Es mangelt nicht an den geeigneten Instrumenten. Unsere Polizei und Justiz haben Werkzeuge zur Bekämpfung von Antisemitismus und Rassismus. Gleichwohl ist manchmal etwas mehr Argwohn angebracht. Rassismus und Menschenfeindlichkeit müssen als Motive schnell erkannt, benannt und auch verurteilt werden.

(Beifall bei den GRÜNEN und Zu- stimmung bei der SPD)

Jede Art von Nachsicht ist hier fehl am Platz. Ein wirksames Werkzeug ist für uns aber auch die

Prävention. Die müssen wir stärker als bisher vorantreiben. Gute und effiziente Organisationen gegen Antisemitismus und Rassismus wie auch die mobilen Beratungsstellen dürfen nicht länger am Ende jeden Jahres für ihr Überleben kämpfen müssen. Sie brauchen verlässliche Rahmenbedingungen. Eine wehrhafte Demokratie muss unterstützt werden.

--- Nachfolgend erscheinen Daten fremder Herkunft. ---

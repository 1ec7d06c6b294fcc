-- ===== src/Client/Closing.antt =====
-- How a closed client and a lost connection end what waits on the client.
use jcode_go.Common.Channel.{pending, closed}
use jcode_go.Common.{
  ℕ, ◌≡◌, refl, ap, ◌∙◌, Bool, true, false, not, [], ◌∷◌, Option, some, arith, inl, inr,
  Option-cases, if◌then◌else◌,
}
use jcode_go.Errors.{GoError, sentinel, err_closed, err_disconnected, err}
use jcode_go.Observation.{State, disconnected}
use jcode_go.Observation as Obs
use jcode_go.Client.Subscriber.{Subscriber, close_listed, fail_turn}
use jcode_go.Client.Subscriber as Sub
use jcode_go.Client.Request.{Request, abandon}
use jcode_go.Client.Request as Req
use jcode_go.Client.State.{Client, Table, each}
use jcode_go.Client.Operations.{
  close_with, signal_close, abandon_requests, close_subscribers, begin_close, end_close,
  begin_request, disconnect, drop_connection, stays, request_state_error,
}
use jcode_go.Client.Ownership.{close_sections, close_with-first}

-- A subscriber that was closed with the error: what was queued is kept for the reader.
abbrev pub ended : GoError → Subscriber → Subscriber
ended e s = record s {
  listed = false;
  once = true;
  err = some e;
  errors = e ∷ [];
  done = closed;
  events_done = closed;
  errors_done = closed;
}

begin_close-kept :
    (c : Client)
    → ((begin_close c).subs ≡ c.subs)
      × ((begin_close c).requests ≡ c.requests)
      × ((begin_close c).closed ≡ c.closed)
unfolding begin_close
begin_close-kept c = ground arith

pub close_sections_kept :
    (i : Option ℕ) (c : Client) (e : GoError) (internal observed : Bool)
    → ((close_sections i c e).state ≡ Obs.State.closed)
      × (c.closed ≡ pending
          → begin_request (close_sections i c e) internal observed ≡ err (sentinel err_closed))
      × ((id : ℕ) → (close_sections i c e).requests id ≡ each abandon c.requests id)
      × ((id : ℕ) → (close_sections i c e).subs id ≡ each (close_listed (some e)) c.subs id)
unfolding close_sections signal_close abandon_requests close_subscribers end_close begin_request
    request_state_error
close_sections_kept i c e internal observed = (refl, λ h. ground arith, λ id. refl, λ id. refl)

-- Every entry of the table has the property.
abbrev pub Entries {ℓ} : {A : Type 0} → (A → Type ℓ) → Table A → Type ℓ
Entries P m = (id : ℕ) (a : _) → m id ≡ some a → P a

each-same :
    {A : Type 0} (f g : A → A) (m : Table A) (id : ℕ)
    → ((a : A) → m id ≡ some a → f a ≡ g a)
    → each f m id ≡ each g m id
each-same f g m id h = elim (Option-cases (m id)) [
  | inl none_there ↦ rw none_there refl
  | inr (a, there) ↦ rw there (ap some (h a there))
]

abbrev lost : GoError → Bool → Subscriber → Subscriber
lost e terminal = if terminal then close_listed (some e) else fail_turn (sentinel err_disconnected)

disconnect-drop :
    (c : Client) (e : GoError) (terminal : Bool)
    → stays c.state terminal ≡ false
    → disconnect c e terminal ≡ drop_connection c e terminal
unfolding disconnect
disconnect-drop c e terminal h = rw (disconnect, h) refl

drop_connection_lem :
    (c : Client) (e : GoError) (terminal : Bool)
    → ((drop_connection c e terminal).state ≡ disconnected)
      × ((drop_connection c e terminal).wire_open ≡ false)
      × ((drop_connection c e terminal).subs ≡ each (lost e terminal) c.subs)
      × ((drop_connection c e terminal).requests ≡ each abandon c.requests)
unfolding drop_connection
drop_connection_lem c e terminal = (ground arith, refl, refl, refl)

-- A request that the map lists finds its channel closed without a reply; others are left.
abbrev pub abandoned : Request → Request
abandoned r = if r.listed then record r { listed = false; reply_done = closed } else r

-- A subscription that the map lists ends with the error; others are left.
abbrev pub ended_if_listed : GoError → Subscriber → Subscriber
ended_if_listed e s = if s.listed then ended e s else s

-- The end of a connection: with its error for every subscription if that is terminal, and with
-- ErrDisconnected for those of turns if it is not.
abbrev pub lost_if_listed : GoError → Bool → Subscriber → Subscriber
lost_if_listed e terminal s =
    if not s.listed
    then s
    else if terminal
    then ended e s
    else if s.turn
    then ended (sentinel err_disconnected) s
    else s

abandon-abandoned : (r : Request) → Req.IsSound r → abandon r ≡ abandoned r
unfolding abandon
abandon-abandoned r h = ground arith

close_listed-ended_if_listed :
    (e : GoError) (s : Subscriber) → Sub.IsSound s → close_listed (some e) s ≡ ended_if_listed e s
unfolding close_listed
close_listed-ended_if_listed e s h = ground arith

lost-lost_if_listed :
    (e : GoError) (terminal : Bool) (s : Subscriber)
    → Sub.IsSound s
    → lost e terminal s ≡ lost_if_listed e terminal s
unfolding close_listed fail_turn
lost-lost_if_listed e true s h = ground arith
lost-lost_if_listed e false s h = ground arith

module _ (c : Client) (e : GoError) (sound : Entries Sub.IsSound c.subs)
    (fresh : Entries Req.IsSound c.requests) where
  -- The first `closeWith` of a client whose subscriptions and requests are sound, with no other
  -- step between its sections, leaves the client closed. Every subscription that the map listed ends
  -- with the error, its queue kept, every request that it listed finds its channel closed without a
  -- reply, the others are left as they were, and every new request is refused with ErrClosed.
  pub close_with_ends :
      (internal observed : Bool)
      → c.close_once ≡ false
      → c.closed ≡ pending
      → ((close_with c e).state ≡ Obs.State.closed)
        × ((id : ℕ) → (close_with c e).subs id ≡ each (ended_if_listed e) c.subs id)
        × ((id : ℕ) → (close_with c e).requests id ≡ each abandoned c.requests id)
        × (begin_request (close_with c e) internal observed ≡ err (sentinel err_closed))
  close_with_ends internal observed once open' =
      let b = begin_close c in
      let (subs, requests, same) = begin_close-kept c in
      let (state, refused, replies, streams) =
        close_sections_kept c.instance_id b e internal observed in
      rw (close_with-first c e once) (
        state,
        λ id.
            streams id
            ∙ ap (λ m. each (close_listed (some e)) m id) subs
            ∙ each-same (close_listed (some e)) (ended_if_listed e) c.subs id
                (λ s is. close_listed-ended_if_listed e s (sound id s is)),
        λ id.
            replies id
            ∙ ap (λ m. each abandon m id) requests
            ∙ each-same abandon abandoned c.requests id
                (λ r is. abandon-abandoned r (fresh id r is)),
        refused (same ∙ open'),
      )

  -- A connection that is lost while the client is up, or a terminal error on one that is lost
  -- already, on a client whose subscriptions and requests are sound, with no other step between the
  -- sections of `disconnect`: the client is disconnected and its transport closed. Every request
  -- that the map listed finds its channel closed. Every subscription that it listed ends with the
  -- error if that is terminal, with ErrDisconnected if it belongs to a turn, and stays for the next
  -- connection otherwise. The others are left as they were.
  pub disconnect_ends :
      (terminal : Bool)
      → stays c.state terminal ≡ false
      → ((disconnect c e terminal).state ≡ disconnected)
        × ((disconnect c e terminal).wire_open ≡ false)
        × ((id : ℕ)
            → (disconnect c e terminal).subs id ≡ each (lost_if_listed e terminal) c.subs id)
        × ((id : ℕ) → (disconnect c e terminal).requests id ≡ each abandoned c.requests id)
  disconnect_ends terminal h =
      let (state, wire, subs, requests) = drop_connection_lem c e terminal in
      rw (disconnect-drop c e terminal h) (
        state,
        wire,
        λ id.
            ap (λ m. m id) subs
            ∙ each-same (lost e terminal) (lost_if_listed e terminal) c.subs id
                (λ s is. lost-lost_if_listed e terminal s (sound id s is)),
        λ id.
            ap (λ m. m id) requests
            ∙ each-same abandon abandoned c.requests id
                (λ r is. abandon-abandoned r (fresh id r is)),
      )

(Beifall bei den GRÜNEN und Zu- stimmung bei der SPD)

Der Kampf gegen Antisemitismus und Rassismus bedeutet, dass jede und jeder von uns täglich in die Verantwortung geht. Das heißt, wir ergreifen Partei, wenn Menschen beleidigt und diskriminiert werden. Antisemitismus und Diskriminierung Einzelner sind ein Angriff auf uns alle. Dagegen setzen wir uns zur Wehr. Polizei, Justiz und eine Zivilgesellschaft mit Zivilcourage: Wir sind die Akteurinnen und Akteure einer wehrhaften Demokratie. Nur gemeinsam und im Schulterschluss können wir mit aller Unnachgiebigkeit Antisemitismus und Rassismus bekämpfen.